SAP Moves for a Stay of Parallel Federal Circuit Action After PTAB Win

SAP’s fight to dismiss Versata’s U.S. 6,553,350 patent assertion continues.  After SAP’s win in the PTAB on June 11, 2013, SAP filed a motion to stay the parallel Federal Circuit appeal on June 17th.  Now the Federal Circuit must decide whether to stay the ongoing appeal after upholding the district court judgment on damages and having remanding to that court on injunctive relief.  At stake is a nearly $400M judgment that SAP argues is based on invalid claims.

No one can accuse SAP of having delayed its efforts to challenge the patent under the provisions of the America Invents Act.  SAP’s counsel was the first petitioner to file a covered business method (CBM) patent review within minutes of the date it first became available on September 16, 2012.

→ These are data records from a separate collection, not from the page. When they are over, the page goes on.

-- ===== src/Benchmark/Serial/InStep.antt =====
-- The threads of src/pipeline/pipeline_executor.cpp beside the serial loop of
-- src/benchmark/end_to_end_baseline.cpp: the queues hold the blocks between the points that the
-- threads have reached.
-- The items of a list are those of a sequence from one index up to another.
use io_uring_async_load_proc.Prelude.{
  dec_lt, ℕ, suc, ◌≤◌, ◌<◌, ◌≡◌, ◌≢◌, sym, ap, subst, false, none, some, List, [], ◌∷◌, ◌++◌,
  length, arith,
}
use io_uring_async_load_proc.Exception.{Exception, ok, throw}
use io_uring_async_load_proc.Config.{PipelineConfig}
use io_uring_async_load_proc.Pipeline.Output.{PipelineRunResult, checked_add}
use io_uring_async_load_proc.Pipeline.Channel.{finish}
use io_uring_async_load_proc.Pipeline.Executor.Workers.State.{
  Item, Environment, Worker, active, raised, fails_first, fails_second, failed, returned,
  ReaderState, acquires, reads, leaves, ProcessorState, closes, processes, WriterState, writes,
}
use io_uring_async_load_proc.Pipeline.Executor.Workers.Blocks.{
  check_block, add_written, check_write, new_block,
}
use io_uring_async_load_proc.Pipeline.Executor.Workers.Moves.{ChannelRun}
use io_uring_async_load_proc.Pipeline.Executor.Workers.Invariant.{is_failed, IsSound}
use io_uring_async_load_proc.Benchmark.Serial.Points.{
  point, offset, bytes_at, block_at, IsGood, offset-suc, bytes_of,
}

abbrev pub Segment : (ℕ → Item) → ℕ → List Item → ℕ → Type 0
Segment g i [] j = i ≡ j
Segment g i (x ∷ xs) j = (x ≡ g i) × Segment g (suc i) xs j

pub Segment-le : (g : ℕ → Item) (i : ℕ) (xs : List Item) (j : ℕ) → Segment g i xs j → i ≤ j
Segment-le g i [] j h = omega arith
Segment-le g i (x ∷ xs) j h = omega (arith, Segment-le g (suc i) xs j h.1)

pub Segment-snoc :
    (g : ℕ → Item) (i : ℕ) (xs : List Item) (j : ℕ) (x : Item)
    → Segment g i xs j
    → x ≡ g j
    → Segment g i (xs ++ (x ∷ [])) (suc j)
Segment-snoc g i [] j x h e = (subst (λ k. x ≡ g k) (sym h) e, ap suc h)
Segment-snoc g i (y ∷ xs) j x h e = (h.0, Segment-snoc g (suc i) xs j x h.1 e)

-- The reads fill no more than a buffer.
abbrev pub FitsBuffer : PipelineConfig → Environment → Type 0
FitsBuffer c e =
    (i o : ℕ) (bytes : List ℕ) → e.read i o ≡ some (ok bytes) → length bytes ≤ c.block_size

module _ (c : PipelineConfig) (e : Environment) (stages : e.Stages) (output : e.File) where
  open e use {read, process, write}

  abbrev pub raw : ℕ → Item
  raw i = new_block i (offset e stages output i) (bytes_at e stages output i)

  abbrev pub ready : ℕ → Item
  ready i = record {
    block_index = i;
    file_offset = offset e stages output i;
    valid_bytes = length (bytes_at e stages output i);
    block = block_at e stages output i;
  }

  abbrev pub stages_at : ℕ → e.Stages
  stages_at i = (point e stages output i).stages

  abbrev pub run_result_at : ℕ → PipelineRunResult
  run_result_at i = record { blocks_written = i; bytes_written = offset e stages output i }

  module _ (n : ℕ) where
    abbrev pub ReaderAt : Worker ReaderState → ℕ → Type 0
    ReaderAt (active (acquires i o)) r = (i ≡ r) × (o ≡ offset e stages output r)
    ReaderAt (active (reads i o)) r = (i ≡ r) × (o ≡ offset e stages output r)
    ReaderAt (active (ReaderState.pushes i o bytes)) r =
        (i ≡ r) × (o ≡ offset e stages output r) × (bytes ≡ bytes_at e stages output r) × (r < n)
    ReaderAt (active leaves) r = r ≡ n
    ReaderAt returned r = r ≡ n
    ReaderAt _ r = ⊥

    abbrev pub ProcessorAt : Worker ProcessorState → ℕ → ℕ → e.Stages → Type 0
    ProcessorAt (active ProcessorState.pops) p q t = (q ≡ p) × (t ≡ stages_at p)
    ProcessorAt (active (processes item)) p q t = (q ≡ suc p) × (item ≡ raw p) × (t ≡ stages_at p)
    ProcessorAt (active (ProcessorState.pushes item)) p q t =
        (q ≡ suc p) × (item ≡ ready p) × (t ≡ stages_at (suc p))
    ProcessorAt (active closes) p q t = (q ≡ p) × (p ≡ n) × (t ≡ stages_at p)
    ProcessorAt returned p q t = (q ≡ p) × (p ≡ n) × (t ≡ stages_at p)
    ProcessorAt _ p q t = ⊥

    abbrev pub WriterAt : Worker WriterState → ℕ → ℕ → Type 0
    WriterAt (active WriterState.pops) k q = q ≡ k
    WriterAt (active (writes item)) k q = (q ≡ suc k) × (item ≡ ready k)
    WriterAt returned k q = (q ≡ k) × (k ≡ n)
    WriterAt _ k q = ⊥

    -- The reader has handed `r` blocks on, the processor `p` and the writer has written `k`; the
    -- queues begin with the blocks `q` and `q'`.
    pub record InStep (r p k q q' : ℕ) (s : ChannelRun c e) : Type 0 where
      pub reader_at : ReaderAt s.reader r
      pub processor_at : ProcessorAt s.processor p q s.stages
      pub writer_at : WriterAt s.writer k q'
      pub raws : Segment raw q s.read_to_process.items r
      pub readies : Segment ready q' s.process_to_write.items p
      pub in_range : r ≤ n
      pub written : s.output ≡ (point e stages output k).output
      pub summed : s.result ≡ run_result_at k
      pub reads_alive : is_failed s.read_to_process.status ≡ false
      pub writes_alive : is_failed s.process_to_write.status ≡ false
      pub no_failure : s.first_failure ≡ none

    abbrev pub SomeStep : ChannelRun c e → Type 0
    SomeStep s = (r p k q q' : ℕ) × InStep r p k q q' s

    module _ (good : (i : ℕ) → i < n → IsGood e stages output i)
        (at_end : read n (offset e stages output n) ≡ some (ok [])) (fits : FitsBuffer c e)
        {s : ChannelRun c e} (v : IsSound c e s) (r p k q q' : ℕ) (at : InStep r p k q q' s) where
      -- A block that is read before the end is one of the blocks.
      pub read-lt :
          (b : ℕ) (bs : List ℕ) (i o : ℕ)
          → s.reader ≡ active (reads i o)
          → read i o ≡ some (ok (b ∷ bs))
          → (r < n)
            × (i ≡ r)
            × (o ≡ offset e stages output r)
            × (b ∷ bs ≡ bytes_at e stages output r)
      read-lt b bs i o h g =
          let here : (i ≡ r) × (o ≡ offset e stages output r) =
            subst (λ w. ReaderAt w r) h at.reader_at in
          let there : read r (offset e stages output r) ≡ some (ok (b ∷ bs)) =
            rw (← here.1, ← here.0) g in
          elim (dec_lt r n) [
            | yes lt ↦ (lt, here.0, here.1, sym (ap bytes_of there))
            | no ge ↦
                let same : r ≡ n = omega (arith, at.in_range) in
                let ended : read r (offset e stages output r) ≡ some (ok []) =
                  subst (λ m. read m (offset e stages output m) ≡ some (ok [])) (sym same) at_end in
                cc
          ]

      pub at_end-InStep :
          (i o : ℕ)
          → s.reader ≡ active (reads i o)
          → read i o ≡ some (ok [])
          → SomeStep
              (record s { read_to_process = finish s.read_to_process; reader = active leaves })
      unfolding finish
      at_end-InStep i o h g =
          let here : (i ≡ r) × (o ≡ offset e stages output r) =
            subst (λ w. ReaderAt w r) h at.reader_at in
          let there : read r (offset e stages output r) ≡ some (ok []) =
            rw (← here.1, ← here.0) g in
          let last : r ≡ n = elim (dec_lt r n) [
            | yes lt ↦ let was_read = (good r lt).was_read in cc
            | no ge ↦ omega (arith, at.in_range)
          ] in
          (r, p, k, q, q', ground arith)

      pub read_returns :
          (x : Exception) (i o : ℕ) → s.reader ≡ active (reads i o) → read i o ≢ some (throw x)
      read_returns x i o h g =
          let here : (i ≡ r) × (o ≡ offset e stages output r) =
            subst (λ w. ReaderAt w r) h at.reader_at in
          let there : read r (offset e stages output r) ≡ some (throw x) =
            rw (← here.1, ← here.0) g in
          elim (dec_lt r n) [
            | yes lt ↦ let was_read = (good r lt).was_read in absurd (ground arith)
            | no ge ↦
                let same : r ≡ n = omega (arith, at.in_range) in
                let ended : read r (offset e stages output r) ≡ some (ok []) =
                  subst (λ m. read m (offset e stages output m) ≡ some (ok [])) (sym same) at_end in
                absurd (ground arith)
          ]

      -- The checks of a good block pass.
      pub check_block-ok :
          (i : ℕ)
          → i < n
          → check_block c i (offset e stages output i) (length (bytes_at e stages output i)) ≡ ok tt
      unfolding check_block checked_add
      check_block-ok i lt =
          let g = good i lt in
          let next = offset-suc e stages output i in
          let size =
            fits i (offset e stages output i) (bytes_at e stages output i)
              (rw (ap bytes_of g.was_read) g.was_read) in
          ground (arith, g.fits, g.counted)

      pub add_written-ok :
          (i : ℕ)
          → i < n
          → add_written (run_result_at i) (length (bytes_at e stages output i))
            ≡ (ok tt, run_result_at (suc i))
      unfolding add_written checked_add
      add_written-ok i lt =
          let g = good i lt in
          let next = offset-suc e stages output i in ground (arith, g.fits, g.counted)

      pub check_write-ok :
          (i : ℕ) (lt : i < n)
          → check_write (good i lt).answer (length (bytes_at e stages output i)) ≡ ok tt
      unfolding check_write
      check_write-ok i lt = let g = good i lt in ground (arith, g.no_error, g.all_written)

      pub processing-lt : (item : Item) → s.processor ≡ active (processes item) → p < n
      processing-lt item h =
          let ahead = Segment-le raw q s.read_to_process.items r at.raws in
          ground (arith, at.in_range)

      pub writing-lt : (item : Item) → s.writer ≡ active (writes item) → k < n
      writing-lt item h =
          let ahead = Segment-le raw q s.read_to_process.items r at.raws in
          let behind = Segment-le ready q' s.process_to_write.items p at.readies in
          let mine : q' ≡ suc k = ground arith in
          let reached : p ≤ q = reached_of s.processor at.processor_at in omega (arith, at.in_range)
        where
          reached_of : (w : Worker ProcessorState) → ProcessorAt w p q s.stages → p ≤ q
          reached_of (active ProcessorState.pops) m = omega arith
          reached_of (active (processes item)) m = omega arith
          reached_of (active (ProcessorState.pushes item)) m = omega arith
          reached_of (active closes) m = omega arith
          reached_of (raised x) m = absurd m
          reached_of (fails_first x) m = absurd m
          reached_of (fails_second x) m = absurd m
          reached_of failed m = absurd m
          reached_of returned m = omega arith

SAP’s brief repeated the factors set forth by the AIA that are specific to CBM reviews.  SAP acknowledged that these factors were intended for use by a district court, but applied them by analogy to the Federal Circuit stay request:

Specific to CBM reviews, the AIA enumerates similar factors for determining whether to stay a case pending post-grant review. AIA § 18(b)(1), P.L. 112-29, 125 Stat. 284, 331 (2011) (factors include “(A) whether a stay, or the denial thereof, will simplify the issues in question and streamline the trial; (B) whether discovery is complete and whether a trial date has been set; (C) whether a stay, or the denial thereof, would unduly prejudice the nonmoving party or present a clear tactical advantage for the moving party; and (D) whether a stay, or the denial thereof, will reduce the burden of litigation on the parties and on the court.”).

SAP’s Motion to Stay at p. 5.

The motion goes on to repeat the often-quoted remarks by Senator Schumer that the AIA “places a very heavy thumb on the scale in favor of a stay being granted.”  157 Cong. Rec. S1363 (Mar. 8, 2011).

It will be interesting to see Versata’s reaction to SAP’s arguments and even more interesting to see what the Federal Circuit will decide.